● **Problem**
Start at the line below containing "filename src/Deque/Ends.antt" and stop at the line containing "(x : Text) (xs : List Text) (d : Deque)". Repeat every line of that stretch exactly, and nothing outside it.

● **Data to examine**

● ● ● ● ● ● ●

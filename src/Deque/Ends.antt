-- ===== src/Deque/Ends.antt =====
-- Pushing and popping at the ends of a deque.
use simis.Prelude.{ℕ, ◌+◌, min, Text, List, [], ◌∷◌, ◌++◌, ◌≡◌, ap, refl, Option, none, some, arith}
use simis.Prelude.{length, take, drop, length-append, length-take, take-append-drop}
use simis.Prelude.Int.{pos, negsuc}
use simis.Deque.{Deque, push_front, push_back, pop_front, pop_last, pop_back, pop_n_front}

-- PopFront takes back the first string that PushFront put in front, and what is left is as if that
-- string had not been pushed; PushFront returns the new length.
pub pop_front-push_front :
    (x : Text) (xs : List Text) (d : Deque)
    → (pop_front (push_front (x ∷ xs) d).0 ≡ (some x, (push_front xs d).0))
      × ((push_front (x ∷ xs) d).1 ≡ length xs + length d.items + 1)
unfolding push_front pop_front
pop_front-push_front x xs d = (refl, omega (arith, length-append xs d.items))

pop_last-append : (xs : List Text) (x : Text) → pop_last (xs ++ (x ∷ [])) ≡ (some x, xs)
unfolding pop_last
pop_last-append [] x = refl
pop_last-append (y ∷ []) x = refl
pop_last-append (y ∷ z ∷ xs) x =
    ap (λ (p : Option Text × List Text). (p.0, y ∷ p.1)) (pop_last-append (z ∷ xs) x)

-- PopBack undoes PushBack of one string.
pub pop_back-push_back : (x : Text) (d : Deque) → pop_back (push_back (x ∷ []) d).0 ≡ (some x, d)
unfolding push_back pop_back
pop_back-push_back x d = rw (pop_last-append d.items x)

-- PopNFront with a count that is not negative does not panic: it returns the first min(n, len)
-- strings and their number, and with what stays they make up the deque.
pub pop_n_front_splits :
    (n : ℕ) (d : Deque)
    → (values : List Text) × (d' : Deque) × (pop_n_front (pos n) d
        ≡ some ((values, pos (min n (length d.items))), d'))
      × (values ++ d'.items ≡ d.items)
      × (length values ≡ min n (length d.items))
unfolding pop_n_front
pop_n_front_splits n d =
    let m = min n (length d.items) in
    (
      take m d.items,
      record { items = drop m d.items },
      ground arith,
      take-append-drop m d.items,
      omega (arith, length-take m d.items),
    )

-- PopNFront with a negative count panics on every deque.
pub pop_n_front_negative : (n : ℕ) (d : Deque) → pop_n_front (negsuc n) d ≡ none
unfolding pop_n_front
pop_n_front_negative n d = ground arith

● ● ● ● ● ● ●

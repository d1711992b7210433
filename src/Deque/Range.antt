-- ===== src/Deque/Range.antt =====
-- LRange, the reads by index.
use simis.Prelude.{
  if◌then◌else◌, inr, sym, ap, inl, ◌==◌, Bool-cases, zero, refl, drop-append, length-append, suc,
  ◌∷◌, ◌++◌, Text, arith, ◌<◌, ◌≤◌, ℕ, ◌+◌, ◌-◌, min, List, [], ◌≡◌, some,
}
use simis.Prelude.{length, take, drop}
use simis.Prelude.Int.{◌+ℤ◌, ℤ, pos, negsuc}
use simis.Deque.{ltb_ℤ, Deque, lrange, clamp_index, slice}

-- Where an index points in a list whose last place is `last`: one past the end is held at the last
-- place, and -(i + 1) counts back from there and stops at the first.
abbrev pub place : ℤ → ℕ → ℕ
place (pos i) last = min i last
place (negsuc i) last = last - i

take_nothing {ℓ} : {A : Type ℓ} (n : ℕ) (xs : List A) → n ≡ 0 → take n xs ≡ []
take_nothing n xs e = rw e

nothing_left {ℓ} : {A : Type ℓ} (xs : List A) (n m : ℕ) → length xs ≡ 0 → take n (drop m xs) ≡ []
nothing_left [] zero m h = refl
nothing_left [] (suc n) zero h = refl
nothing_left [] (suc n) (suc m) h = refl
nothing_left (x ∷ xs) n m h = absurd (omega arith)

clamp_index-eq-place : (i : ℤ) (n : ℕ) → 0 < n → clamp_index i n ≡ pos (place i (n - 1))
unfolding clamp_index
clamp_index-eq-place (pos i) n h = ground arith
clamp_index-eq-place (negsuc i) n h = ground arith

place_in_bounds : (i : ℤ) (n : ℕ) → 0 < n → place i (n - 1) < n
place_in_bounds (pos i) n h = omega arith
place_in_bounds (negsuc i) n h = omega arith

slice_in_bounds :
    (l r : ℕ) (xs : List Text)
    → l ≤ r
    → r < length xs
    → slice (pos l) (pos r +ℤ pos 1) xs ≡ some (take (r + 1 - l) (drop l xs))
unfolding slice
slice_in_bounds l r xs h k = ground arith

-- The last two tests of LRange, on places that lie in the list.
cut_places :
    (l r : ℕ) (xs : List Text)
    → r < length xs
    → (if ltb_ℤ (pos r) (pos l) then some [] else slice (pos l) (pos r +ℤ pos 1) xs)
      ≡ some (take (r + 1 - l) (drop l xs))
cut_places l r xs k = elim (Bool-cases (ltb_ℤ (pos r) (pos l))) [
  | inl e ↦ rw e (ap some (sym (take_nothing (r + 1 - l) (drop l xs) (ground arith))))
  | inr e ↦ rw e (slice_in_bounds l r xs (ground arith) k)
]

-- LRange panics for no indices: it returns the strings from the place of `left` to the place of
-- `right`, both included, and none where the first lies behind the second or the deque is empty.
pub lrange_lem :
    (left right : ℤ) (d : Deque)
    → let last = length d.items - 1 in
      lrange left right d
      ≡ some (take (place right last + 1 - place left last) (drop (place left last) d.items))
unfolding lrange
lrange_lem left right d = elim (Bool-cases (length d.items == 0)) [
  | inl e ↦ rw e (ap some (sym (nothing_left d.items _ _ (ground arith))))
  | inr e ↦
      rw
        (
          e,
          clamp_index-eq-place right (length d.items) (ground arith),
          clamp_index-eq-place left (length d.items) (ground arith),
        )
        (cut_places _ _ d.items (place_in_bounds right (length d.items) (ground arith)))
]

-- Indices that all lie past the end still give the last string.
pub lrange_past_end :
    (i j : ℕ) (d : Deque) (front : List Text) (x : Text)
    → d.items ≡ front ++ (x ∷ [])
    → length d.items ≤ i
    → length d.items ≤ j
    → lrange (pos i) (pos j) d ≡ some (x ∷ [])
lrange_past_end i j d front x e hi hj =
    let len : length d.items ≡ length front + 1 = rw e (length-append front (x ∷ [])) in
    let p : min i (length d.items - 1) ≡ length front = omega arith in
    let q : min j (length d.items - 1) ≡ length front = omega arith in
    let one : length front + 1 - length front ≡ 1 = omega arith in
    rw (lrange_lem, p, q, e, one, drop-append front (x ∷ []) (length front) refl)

● ● ● ● ● ● ●

● **Exercise result**
filename src/Deque/Ends.antt
-- ===== src/Deque/Ends.antt =====
-- Pushing and popping at the ends of a deque.
use simis.Prelude.{ℕ, ◌+◌, min, Text, List, [], ◌∷◌, ◌++◌, ◌≡◌, ap, refl, Option, none, some, arith}
use simis.Prelude.{length, take, drop, length-append, length-take, take-append-drop}
use simis.Prelude.Int.{pos, negsuc}
use simis.Deque.{Deque, push_front, push_back, pop_front, pop_last, pop_back, pop_n_front}

-- PopFront takes back the first string that PushFront put in front, and what is left is as if that
-- string had not been pushed; PushFront returns the new length.
pub pop_front-push_front :
    (x : Text) (xs : List Text) (d : Deque)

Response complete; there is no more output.